Kindiki Faces Tough Questions Over Reported Ksh8 Million Daily Helicopter Costs
The Office of the Deputy President has come under fresh pressure after lawmakers raised concerns over the large amounts of public money reportedly being spent on helicopter travel.
The issue came up on April 9 when members of Parliament questioned the office’s spending records, especially the high cost of daily chopper hire services linked to Deputy President Kithure Kindiki’s movements.
The matter is now being reviewed by the Public Accounts Committee (PAC), which has opened an inquiry into pending bills worth Ksh478 million owed to suppliers and service providers for the 2024/2025 financial year.
According to documents tabled before the committee, a significant share of this amount, estimated at around Ksh150 million, went toward helicopter hire services.
Lawmakers examining the records were particularly alarmed by one specific expenditure entry that showed up to Ksh8.08 million spent on helicopter services in a single day.

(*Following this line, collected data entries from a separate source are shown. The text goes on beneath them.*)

-- ===== src/Link/Reader/RoundTrip.antt =====
-- A frame is read back as it was written, from whatever state the receiver is in.
use dm_matter_zigbee_bridge.Prelude.{
  ℕ, ◌+◌, ◌≤◌, ◌<◌, List, ◌∷◌, ◌++◌, ◌≡◌, refl, ◌∙◌, arith, append_assoc, length, take, done,
}
use dm_matter_zigbee_bridge.Link.{start_char, end_char, ok}
use dm_matter_zigbee_bridge.Link.Frame.{calculate_crc, write_message}
use dm_matter_zigbee_bridge.Link.Frame.Checksum.{checksum, calculate_crc-checksum}
use dm_matter_zigbee_bridge.Link.Frame.Layout.{escaped_all, header, frame, write_message-frame}
use dm_matter_zigbee_bridge.Link.Reader.{wait_start, Rx, read_message}
use dm_matter_zigbee_bridge.Link.Reader.Bytes.{
  stored, read_message-payload, stored-Stored, headed, read_message-header, read_message-end,
}

-- What the receiver holds after a message.
pub record Received (type : ℕ) (payload : List ℕ) (r : Rx) : Type 0 where
  pub type_is : r.type ≡ type
  pub len_is : r.len ≡ length payload
  pub message_is : take (length payload) r.message ≡ payload
  pub room : length r.message ≡ 256
  pub state_is : r.state ≡ wait_start

frame-append :
    (type : ℕ) (payload rest : List ℕ)
    → frame type payload ++ rest
      ≡ start_char
        ∷ (escaped_all (header type (length payload) (checksum type payload))
            ++ (escaped_all payload ++ (end_char ∷ rest)))
unfolding frame
frame-append type payload rest = simp append_assoc

-- Whatever state the receiver is in, the frame of a message with a 16-bit type and less than 256
-- bytes makes eSL_ReadMessage return E_SL_OK with that type, length and payload, and what follows
-- the frame is left to be read.
pub read_message-frame :
    (type : ℕ) (payload : List ℕ) (r : Rx) (rest : List ℕ)
    → type < 65536
    → length payload < 256
    → length r.message ≡ 256
    → (q : Rx) × (read_message 256 r (frame type payload ++ rest) ≡ done (ok, q, rest))
      × Received type payload q
read_message-frame type payload r rest ht lt room =
    let len = length payload in
    let h = headed r type len (checksum type payload) in
    let q = stored payload h in
    let filled = stored-Stored payload h (omega arith) in
    let z : 0 + len ≡ len = omega arith in
    let content : take len q.message ≡ payload = rw z at filled.content in
    let fits : len ≤ length q.message = omega (arith, filled.same_room) in
    let sum : calculate_crc q.type q.len q.message ≡ done q.crc = cc (
      calculate_crc-checksum type payload q.message content fits lt,
      filled.same_type,
      filled.same_len,
      filled.same_crc,
    ) in
    (
      record q { state = wait_start },
      rw frame-append (
          read_message-header 256 type len (checksum type payload) r _ ht (omega arith)
            (omega arith)
          ∙ read_message-payload 256 payload h (end_char ∷ rest) refl refl (omega arith)
              (omega arith) (omega arith)
          ∙ read_message-end 256 q rest (omega (arith, filled.same_len)) sum),
      record {
        type_is = filled.same_type;
        len_is = filled.same_len;
        message_is = content;
        room = filled.same_room ∙ room;
        state_is = refl;
      },
    )

-- What eSL_WriteMessage sends, eSL_ReadMessage returns: for a 16-bit type and a payload of less
-- than 256 bytes whose frame is shorter than the transmit buffer of 256 bytes, from any state of
-- a receiver with a message buffer of 256 bytes and with anything behind the frame.
pub read_message-write_message :
    (buffer : List ℕ) (type : ℕ) (payload : List ℕ) (r : Rx) (rest : List ℕ)
    → length buffer ≡ 256
    → type < 65536
    → length payload < 256
    → length (frame type payload) < 256
    → length r.message ≡ 256
    → (sent : List ℕ) × (q : Rx) × (write_message buffer type (length payload) payload
        ≡ done (ok, sent))
      × (read_message 256 r (sent ++ rest) ≡ done (ok, q, rest))
      × Received type payload q
read_message-write_message buffer type payload r rest hb ht lt short room =
    let (sent, wrote, _, same) = write_message-frame buffer type payload hb lt in
    let (q, reads, got) = read_message-frame type payload r rest ht lt room in
    (sent, q, wrote, rw (same short) reads, got)
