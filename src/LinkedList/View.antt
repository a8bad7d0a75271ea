-- ===== src/LinkedList/View.antt =====
-- The list that the other components work with: the values alone. `get` on the heap refines it.
use uvg_torrent.Base.{
  ℕ, zero, suc, ◌<◌, ◌≡◌, refl, sym, ap, ◌∙◌, Option, none, some, List, [], ◌∷◌, arith, length,
  get_elem?, Run, ok, fault, inl, inr, ◌⊎◌,
}
use uvg_torrent.LinkedList.{Heap, Linkedlist, steps, get_at, get}
use uvg_torrent.LinkedList.Chain.{Cell}
use uvg_torrent.LinkedList.Queue.{IsList}
use uvg_torrent.LinkedList.Access.{get-IsList, get_end, get_beyond}

module _ {A : Type 0} where
  abbrev pub values : List (Cell A) → List A
  values [] = []
  values (c ∷ cs) = c.value ∷ values cs

  -- `Linkedlist_get` on the values of a list that is not empty.
  unfoldable pub get_from : List A → ℕ → Run (Option A)
  get_from [] zero = fault
  get_from [] (suc i) = ok none
  get_from (x ∷ xs) zero = ok (some x)
  get_from (x ∷ xs) (suc i) = get_from xs i

  -- `Linkedlist_get` on the values, from a position that is not negative: NULL on an empty list and past the count, a fault at the count.
  unfoldable pub list_get : List A → ℕ → Run (Option A)
  unfolding get_from
  list_get [] i = ok none
  list_get (x ∷ xs) i = get_from (x ∷ xs) i

  -- Inside the list, just behind it, and further behind.
  abbrev Position : List (Cell A) → ℕ → Type 0
  Position cs i =
      ((c : Cell A) × (get_elem? cs i ≡ some c) × (get_from (values cs) i ≡ ok (some c.value)))
      ⊎ (((i ≡ length cs) × (get_from (values cs) i ≡ fault))
          ⊎ ((length cs < i) × (get_from (values cs) i ≡ ok none)))

  position : (cs : List (Cell A)) (i : ℕ) → Position cs i
  unfolding get_from
  position [] zero = inr (inl (refl, refl))
  position [] (suc i) = inr (inr (omega arith, refl))
  position (c ∷ cs) zero = inl (c, refl, refl)
  position (c ∷ cs) (suc i) = elim (position cs i) [
    | inl found ↦ inl found
    | inr (inl (at, read)) ↦ inr (inl (ap suc at, read))
    | inr (inr (past, read)) ↦ inr (inr (omega arith, read))
  ]

  get_empty : {h : Heap A} {l : Linkedlist} (i : ℕ) → IsList h l [] → get_at h l i ≡ ok none
  unfolding get_at
  get_empty i is = rw is.head refl

  get_at-list_get :
      {h : Heap A} {l : Linkedlist} (cs : List (Cell A)) (i : ℕ)
      → IsList h l cs
      → get_at h l i ≡ list_get (values cs) i
  unfolding list_get
  get_at-list_get [] i is = get_empty i is
  get_at-list_get {h} {l} (c ∷ cs) i is = elim (position (c ∷ cs) i) [
    | inl (d, at, read) ↦ get-IsList i d is at ∙ sym read
    | inr (inl (at, read)) ↦ ap (λ n. get_at h l n) at ∙ get_end is ∙ sym read
    | inr (inr (past, read)) ↦ get_beyond i is past ∙ sym read
  ]

  -- On a well-formed list `get` is the reading of its values, at every position that is not negative:
  -- the value inside, the fault at the count, and NULL on an empty list and past the count. At a negative
  -- position, the bit pattern of which is 2^31 or more, it is the reading at 0.
  pub get-list_get :
      {h : Heap A} {l : Linkedlist} (cs : List (Cell A)) (i : ℕ)
      → IsList h l cs
      → get h l i ≡ list_get (values cs) (steps i)
  unfolding get
  get-list_get cs i is = get_at-list_get cs (steps i) is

The flight log reportedly covered several destinations, including Tharaka Nithi, Laikipia, Isiolo, and Kitui, all within the same day.
This revelation immediately sparked debate among committee members over whether such spending levels can be justified at a time when Kenyans are already worried about the country’s financial pressure.
Rarieda Member of Parliament Otiende Amollo was among the lawmakers who openly questioned the practicality of the spending. He pointed to the Ksh8.08 million entry and wondered whether it made sense for so much taxpayer money to be used on helicopter transport in just one day.
He further noted that several other entries in the records also reflected chopper expenses ranging between Ksh3 million and Ksh4 million, raising even more concerns about how often the service is being used and whether the cost reflects value for money.
The committee also turned its attention to the repeated trips connected to Tharaka Nithi, which is Deputy President Kindiki’s home county.
Some lawmakers questioned whether public resources may have been used for personal or non-official travel, especially in situations where there was no clear evidence linking the flights to official government duties.
The concern was not only about the amount spent, but also about whether the purpose of the trips matched the standards expected in the use of public funds.
However, Committee Chairperson Tindi Mwale defended the Deputy President’s right to travel, saying there should be nothing wrong with him going home and returning, as long as the trips are properly accounted for.
Even so, the committee insisted that all travel costs must still be supported by proper documentation and clear justification, especially because the office is already carrying a large amount of unpaid bills.
Beyond the helicopter spending, lawmakers also widened their scrutiny to include hospitality-related expenses within the Deputy President’s office. These included payments for catering services, staff meals, food supplies, and even fresh flowers.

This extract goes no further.